Шел русский мальчик Серафимушка, шалея от захватившего его предчувствия потной самки-бойни-революции. Имея волю к подлинному Концу Мира и Сакральной Правильности, Серафим не отказывал себе в плотской, даже немного народной, сиюминутной боевой разухабистости. «Может, я студентик какой офигевший или матросик?.. Я че?» Дьявольский член его вставал. Серафима, когда бывал он, как сейчас, спросонья, в лениво игривом, буржуазненьком настроении даже возбуждали развешанные по городу зомби-слоганы его политического врага – Бориса Петровского:
«Вы┘би 2008!»
«Солги, а то сгоришь!»
Серафим знал, что попадет в ад. И поэтому был в оппозиции.
К тому же внутренняя его сущность противилась нынешней власти вовсе не из жажды справедливости, мести или желания социальных дивидендов, а скорее следуя некой заданности Иного, космического порядка, даже надкосмического, внереального, что ли.
«Другой я, другой», – бормотал он, разглядывая в зеркало свое лицо, полное опасной харизмы. «Отцвели уж давно их харизмы в аду», – вспомнилась строчка из готического шансона.

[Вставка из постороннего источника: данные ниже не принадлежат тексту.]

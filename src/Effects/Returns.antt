-- ===== src/Effects/Returns.antt =====
-- Total correctness where every awaited call succeeds: the handler returns, and in such a state.
use faircoin_bridge.Effects.{
  Fate, M, Outcome, World, act, ask, died, dies_after, dies_before, done, fine, modify, query,
  refused, threw, tick, unheard,
}
use faircoin_bridge.Effects.Hoare.{Ensures, Post}
use faircoin_bridge.Prelude.{refl, ℕ, ◌≡◌}

module _ {S A : Type 0} where
  abbrev pub Returns : (S → Type 0) → M S A → (A → S → Type 0) → Type 0
  Returns P m Q = Ensures P m Q (λ _. ⊥)

  pub act-Returns :
      {P : S → Type 0} {Q : A → S → Type 0} (fate : ℕ → Fate) (f : ℕ → S → A × S)
      → ((n : ℕ) → fate n ≡ Fate.fine)
      → ((n : ℕ) (s : S) → P s → Q (f n s).0 (f n s).1)
      → Returns P (act fate f) Q
  unfolding act
  act-Returns {Q} fate f calm h = record {
    runs = λ w p. go w (h w.clock w.store p) (fate w.clock) (calm w.clock);
  }
    where
      go :
          (w : World S)
          → Q (f w.clock w.store).0 (f w.clock w.store).1
          → (k : Fate) → k ≡ Fate.fine
          → Post Q
              (λ _. ⊥)
              (elim k [
                | fine ↦ (done (f w.clock w.store).0, tick w (f w.clock w.store).1)
                | refused e ↦ (threw e, tick w w.store)
                | unheard e ↦ (threw e, tick w (f w.clock w.store).1)
                | dies_before ↦ (died, tick w w.store)
                | dies_after ↦ (died, tick w (f w.clock w.store).1)
              ])
      go w x fine e = x
      go w x (refused _) e = cc
      go w x (unheard _) e = cc
      go w x dies_before e = cc
      go w x dies_after e = cc

  pub query-Returns :
      {P : S → Type 0} {Q : A → S → Type 0} (fate : ℕ → Fate) (f : S → A)
      → ((n : ℕ) → fate n ≡ Fate.fine)
      → ((s : S) → P s → Q (f s) s)
      → Returns P (query fate f) Q
  unfolding query
  query-Returns fate f calm h = act-Returns _ _ calm (λ n s p. h s p)

  pub ask-Returns :
      {P : S → Type 0} {Q : A → S → Type 0} (fate : ℕ → Fate) (f : ℕ → A)
      → ((n : ℕ) → fate n ≡ Fate.fine)
      → ((n : ℕ) (s : S) → P s → Q (f n) s)
      → Returns P (ask fate f) Q
  unfolding ask
  ask-Returns fate f calm h = act-Returns _ _ calm (λ n s p. h n s p)

  -- A handler that is shown to return leaves no other outcome.
  pub Returns-done :
      {P : S → Type 0} {m : M S A} (Q : A → S → Type 0)
      → Returns P m Q
      → (w : World S) → P w.store
      → (a : A) × ((m w).0 ≡ done a) × Q a (m w).1.store
  Returns-done {m} Q h w p = go (m w) (h.runs w p)
    where
      go : (r : Outcome A × World S) → Post Q (λ _. ⊥) r → (a : A) × (r.0 ≡ done a) × Q a r.1.store
      go (done a, w') x = (a, refl, x)
      go (threw e, w') x = absurd x
      go (died, w') x = absurd x

module _ {S : Type 0} where
  pub modify-Returns :
      {P : S → Type 0} {Q : Unit {0} → S → Type 0} (fate : ℕ → Fate) (f : S → S)
      → ((n : ℕ) → fate n ≡ Fate.fine)
      → ((s : S) → P s → Q tt (f s))
      → Returns P (modify fate f) Q
  unfolding modify
  modify-Returns fate f calm h = act-Returns _ _ calm (λ n s p. h s p)
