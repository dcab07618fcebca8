-- ===== src/BaseWatcher/CatchUp.antt =====
-- A round of the base watcher in which no call fails
-- (services/bridge/src/workers/base-watcher.ts, `startBaseWatcher`).
use mathlib.Core.List.{Memᴰ}
use faircoin_bridge.BaseWatcher.{
  SeenBurn, accept_burn, add_orphans, add_release_job, create_withdrawal, created, fail_burn,
  insert_unless, insert_withdrawal, is_burn, is_valid_destination, max_log_range, new_withdrawal,
  over_cap, process_log, process_logs, process_new, process_seen, reconcile_orphan_withdrawals,
  release_burn, scan, scan_chain, scan_from, scan_window, seen_burn, set_cursor, upsert_cursor,
  window_end,
}
use faircoin_bridge.BaseWatcher.Cursor.{Covered, Past, scan_chain-Covered}
use faircoin_bridge.BaseWatcher.Scan.{IsRecorded}
use faircoin_bridge.Effects.{Fate, World, act, done, ◌>>=◌}
use faircoin_bridge.Effects.Hoare.{
  bind-Ensures, catch-Ensures, if-Ensures, known-Ensures, look-Ensures, pre-Ensures, pure-Ensures,
  skip-Ensures, weaken-Ensures,
}
use faircoin_bridge.Effects.Keeps.{then-Ensures}
use faircoin_bridge.Effects.Returns.{
  Returns, Returns-done, act-Returns, ask-Returns, modify-Returns, query-Returns,
}
use faircoin_bridge.Models.Chain.{Log}
use faircoin_bridge.Models.Withdrawal.{Withdrawal, WithdrawalStatus}
use faircoin_bridge.Prelude.{
  Bool, List, Option, [], ap, arith, false, is_some, leb, ltb, none, not, refl, some,
  some-injective, subst, suc, sym, true, zero, ℕ, ◌&&◌, ◌+◌, ◌-◌, ◌<◌, ◌∙◌, ◌∷◌, ◌≡◌, ◌≤◌,
}
use faircoin_bridge.Prelude.Collection.{Collection, find_one, next_id}
use faircoin_bridge.Store.{Alert, Config, Env, ReleaseJob, Store, alert, quiet}

abbrev CursorIs : Option ℕ → Store → Type 0
CursorIs c s = s.base_cursor ≡ c

module _ (config : Config) (env : Env) (calm : (n : ℕ) → env.fate n ≡ Fate.fine)
    (running : (n : ℕ) → env.aborted n ≡ false) where
  module _ (c : Option ℕ) where
    -- The burn has no withdrawal yet.
    abbrev IsNew : SeenBurn → Store → Type 0
    IsNew b s = CursorIs c s × (find_one (is_burn b.hash b.index) s.withdrawals ≡ none)

    insert-CursorIs :
        (b : SeenBurn) (address wei sats : ℕ) (st : WithdrawalStatus) (id now : ℕ) (s : Store)
        → IsNew b s
        → CursorIs c (insert_withdrawal id now (new_withdrawal b address wei sats st) s).1
          × ((insert_withdrawal id now (new_withdrawal b address wei sats st) s).0 ≡ some id)
    unfolding insert_withdrawal
    insert-CursorIs b address wei sats st id now s p =
        subst
          (λ o.
            CursorIs c (insert_unless o id now (new_withdrawal b address wei sats st) s).1
            × ((insert_unless o id now (new_withdrawal b address wei sats st) s).0 ≡ some id))
          (sym p.1) (unfold insert_unless in (p.0, refl))

    create_withdrawal-Returns :
        (b : SeenBurn) (address wei sats : ℕ) (st : WithdrawalStatus)
        → Returns
            (IsNew b)
            (create_withdrawal config env (new_withdrawal b address wei sats st))
            (λ _. CursorIs c)
    unfolding create_withdrawal
    create_withdrawal-Returns b address wei sats st =
        bind-Ensures (λ o s. CursorIs c s × (is_some o ≡ true))
          (act-Returns _ _ calm (λ n s p.
            let q = insert-CursorIs b address wei sats st (next_id s.withdrawals) (env.now n) s p in
            (q.0, ap is_some q.1)))
          inserted
      where
        inserted :
            (o : Option ℕ)
            → Returns
                (λ s. CursorIs c s × (is_some o ≡ true))
                (created config env o)
                (λ _. CursorIs c)
        inserted none = known-Ensures (λ s p. p.1) (λ e. absurd (cc))
        inserted (some id) = unfold created in pure-Ensures _ (λ s p. p.0)

    fail_burn-Returns :
        (b : SeenBurn) (address : ℕ) (a : Alert)
        → Returns (IsNew b) (fail_burn config env b address a) (λ _. CursorIs c)
    unfolding fail_burn alert
    fail_burn-Returns b address a =
        then-Ensures (CursorIs c) (create_withdrawal-Returns b address _ _ _)
          (modify-Returns _ _ (λ n. ap quiet (calm n) ∙ still) (λ s p. p))
      where
        still : quiet Fate.fine ≡ Fate.fine
        still = unfold quiet in refl

    add_release_job-Returns :
        (job : ReleaseJob) → Returns (CursorIs c) (add_release_job config env job) (λ _. CursorIs c)
    unfolding add_release_job
    add_release_job-Returns job = modify-Returns _ _ calm (λ s p. p)

    accept_burn-Returns :
        (b : SeenBurn) (address : ℕ)
        → Returns (IsNew b) (accept_burn config env b address) (λ _. CursorIs c)
    unfolding accept_burn release_burn
    accept_burn-Returns b address =
        bind-Ensures (λ _. IsNew b) (act-Returns _ _ calm (λ n s p. p))
          λ daily.
            if-Ensures (over_cap config env b daily) (λ _. fail_burn-Returns b address _)
              (λ _.
                bind-Ensures (λ _. CursorIs c) (create_withdrawal-Returns b address _ _ _)
                  (λ id. add_release_job-Returns _))

    process_new-Returns :
        (b : SeenBurn) (o : Option (ℕ × Withdrawal))
        → Returns
            (λ s. CursorIs c s × (find_one (is_burn b.hash b.index) s.withdrawals ≡ o))
            (process_new config env b o)
            (λ _. CursorIs c)
    unfolding process_new is_valid_destination
    process_new-Returns b (some _) = skip-Ensures (λ s p. p.0)
    process_new-Returns b none =
        bind-Ensures (λ _. IsNew b)
          (catch-Ensures (ask-Returns _ _ calm (λ n s p. p))
            (λ e. pre-Ensures (λ s p. absurd p) (pure-Ensures _ (λ s p. p))))
          (λ valid. if-Ensures valid (λ _. accept_burn-Returns b _) (λ _. fail_burn-Returns b _ _))

    process_log-Returns :
        (l : Log) → Returns (CursorIs c) (process_log config env l) (λ _. CursorIs c)
    unfolding process_log
    process_log-Returns l = go (seen_burn l)
      where
        go :
            (o : Option SeenBurn)
            → Returns (CursorIs c) (process_seen config env o) (λ _. CursorIs c)
        go none = unfold process_seen in skip-Ensures (λ s p. p)
        go (some b) =
            unfold process_seen in
            bind-Ensures
              (λ o s. CursorIs c s × (find_one (is_burn b.hash b.index) s.withdrawals ≡ o))
              (query-Returns _ _ calm (λ s p. (p, refl))) (process_new-Returns b)

    process_logs-Returns :
        (ls : List Log) → Returns (CursorIs c) (process_logs config env ls) (λ _. CursorIs c)
    unfolding process_logs
    process_logs-Returns [] = skip-Ensures (λ s p. p)
    process_logs-Returns (l ∷ ls) =
        bind-Ensures (λ (aborted : Bool). CursorIs c) (look-Ensures _ (λ n s p. p))
          λ aborted.
            if-Ensures aborted (λ _. skip-Ensures (λ s p. p))
              (λ _. then-Ensures (CursorIs c) (process_log-Returns l) (process_logs-Returns ls))

    add_orphans-Returns :
        (d : Collection Withdrawal)
        → Returns (CursorIs c) (add_orphans config env d) (λ _. CursorIs c)
    unfolding add_orphans
    add_orphans-Returns [] = skip-Ensures (λ s p. p)
    add_orphans-Returns ((id, d) ∷ ds) =
        then-Ensures (CursorIs c) (add_release_job-Returns _) (add_orphans-Returns ds)

    reconcile-Returns :
        Returns (CursorIs c) (reconcile_orphan_withdrawals config env) (λ _. CursorIs c)
    unfolding reconcile_orphan_withdrawals
    reconcile-Returns =
        bind-Ensures (λ _. CursorIs c) (act-Returns _ _ calm (λ n s p. p)) add_orphans-Returns

  scan_window-Returns :
      (c : Option ℕ) (from to : ℕ)
      → Returns (CursorIs c) (scan_window config env from to) (λ _. CursorIs (some to))
  unfolding scan_window set_cursor
  scan_window-Returns c from to =
      bind-Ensures (λ _. CursorIs c) (ask-Returns _ _ calm (λ n s p. p))
        λ logs.
          then-Ensures (CursorIs c) (process_logs-Returns c logs)
            (modify-Returns _ _ calm (λ s p. refl))

  window_end-bounds :
      (k safe_tip : ℕ)
      → k < safe_tip
      → (k < window_end (k + 1) safe_tip)
        × (window_end (k + 1) safe_tip ≤ safe_tip)
        × (window_end (k + 1) safe_tip ≤ k + 10)
  unfolding window_end max_log_range
  window_end-bounds k safe_tip h = (ground arith, ground arith, ground arith)

  scan-Returns :
      (fuel k safe_tip : ℕ)
      → k ≤ safe_tip
      → safe_tip ≤ k + fuel
      → Returns
          (CursorIs (some k))
          (scan config env fuel (k + 1) safe_tip)
          (λ _. CursorIs (some safe_tip))
  unfolding scan
  scan-Returns zero k safe_tip below enough = skip-Ensures (λ s p. p ∙ ap some (omega arith))
  scan-Returns (suc fuel) k safe_tip below enough =
      bind-Ensures (λ (aborted : Bool) s. CursorIs (some k) s × (aborted ≡ false))
        (look-Ensures _ (λ n s p. (p, running n)))
        (λ aborted.
          known-Ensures (λ s p. p.1)
            (λ f.
              if-Ensures (leb (k + 1) safe_tip && not aborted)
                (λ t.
                  let ends = window_end-bounds k safe_tip (ground arith) in
                  then-Ensures (CursorIs (some (window_end (k + 1) safe_tip)))
                    (pre-Ensures (λ s p. p.0) (scan_window-Returns (some k) _ _))
                    (scan-Returns fuel _ safe_tip ends.1 (omega (arith, ends.0))))
                (λ t. skip-Ensures (λ s p. p.0 ∙ ap some (ground arith)))))

  -- The cursor has reached the safe tip of some moment.
  abbrev IsReached : Store → Type 0
  IsReached s = (n k : ℕ) × (env.base_tip n - config.base_confirmations ≤ k) × CursorIs (some k) s

  scan_from-Returns :
      (n k : ℕ)
      → Returns
          (CursorIs (some k))
          (scan_from config env (env.base_tip n - config.base_confirmations) k)
          (λ _. IsReached)
  unfolding scan_from
  scan_from-Returns n k =
      if-Ensures (ltb k (env.base_tip n - config.base_confirmations))
        (λ t.
          weaken-Ensures (λ s p. p) (λ _ s p. (n, _, omega arith, p)) (λ s p. p)
            (scan-Returns _ k _ (ground arith) (omega arith)))
        (λ f. skip-Ensures (λ s p. (n, k, ground arith, p)))

  upsert_cursor-CursorIs :
      (tip k : ℕ) (s : Store)
      → CursorIs (some k) s
      → CursorIs (some (upsert_cursor tip s).0) (upsert_cursor tip s).1
  unfolding upsert_cursor
  upsert_cursor-CursorIs tip k s p = rw p refl

  scan_chain-Returns :
      (k : ℕ) → Returns (CursorIs (some k)) (scan_chain config env) (λ _. IsReached)
  unfolding scan_chain
  scan_chain-Returns k = then-Ensures (CursorIs (some k)) (reconcile-Returns (some k)) (
      bind-Ensures (λ tip s. CursorIs (some k) s × ((n : ℕ) × (tip ≡ env.base_tip n)))
        (ask-Returns _ _ calm (λ n s p. (p, (n, refl)))) scan_below)
    where
      scan_below :
          (tip : ℕ)
          → Returns
              (λ s. CursorIs (some k) s × ((n : ℕ) × (tip ≡ env.base_tip n)))
              (act env.fate (λ _ s. upsert_cursor tip s)
                >>= (λ last. scan_from config env (tip - config.base_confirmations) last))
              (λ _. IsReached)
      scan_below tip =
          known-Ensures (λ s p. p.1)
            (λ (n, e).
              subst
                (λ t.
                  Returns (λ s. CursorIs (some k) s × ((m : ℕ) × (tip ≡ env.base_tip m)))
                    (act env.fate (λ _ s. upsert_cursor tip s)
                      >>= (λ last. scan_from config env (t - config.base_confirmations) last))
                    (λ _. IsReached))
                (sym e)
                (bind-Ensures (λ last. CursorIs (some last))
                  (act-Returns _ _ calm (λ m s p. upsert_cursor-CursorIs tip k s p.0))
                  (λ last. scan_from-Returns n last)))

  module _ (OnBase : Log → Type 0) (start : ℕ)
      (complete : (n from to : ℕ) (l : Log) (b : SeenBurn)
        → OnBase l
        → seen_burn l ≡ some b
        → from ≤ b.block
        → b.block ≤ to
        → Memᴰ l (env.burn_logs n from to)) where
    -- A round of the watcher in which no call fails, with no abort and a `getLogs` that leaves out
    -- no burn: it returns, and the fuel of its loop is enough for its cursor to reach the tip that
    -- Base had, less the confirmations; if every burn between `start` and the cursor had a
    -- withdrawal before the round, every burn between `start` and the new cursor has one after it.
    pub scan_chain_catches_up :
        (w : World Store)
        → Covered config env OnBase start running complete w.store
        → ((scan_chain config env w).0 ≡ done tt)
          × ((n k : ℕ) × (env.base_tip n - config.base_confirmations ≤ k)
              × ((scan_chain config env w).1.store.base_cursor ≡ some k)
              × ((b : SeenBurn)
                  → Past config env OnBase start running complete k b
                  → IsRecorded b (scan_chain config env w).1.store))
    scan_chain_catches_up w p =
        let (_, returned, (n, k, tip, at)) =
          Returns-done (λ _. IsReached) (scan_chain-Returns p.0) w p.1.1 in
        let (k', (seen, at')) = scan_chain-Covered config env OnBase start running complete w p in
        (
          returned,
          (
            n,
            k,
            tip,
            at,
            λ b h. seen b (
                subst (λ x. Past config env OnBase start running complete x b)
                  (some-injective _ _ (sym at ∙ at')) h),
          ),
        )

Было в Серафимином лице что-то от русского Ивана, простодушно-угрюмое, но диковинно как-то, нехорошо почерневшее. Словно вылезло оно из инфернальной избушки, где глумилось над ним разухабистой плетью Она – Госпожа его, Баба-яга – в готическом белье, в высоких шнурованых сапогах. Она же улыбалась ему и властно призывала с плаката «Родина-Мать зовет». Она сделала его патриотом. Навсегда.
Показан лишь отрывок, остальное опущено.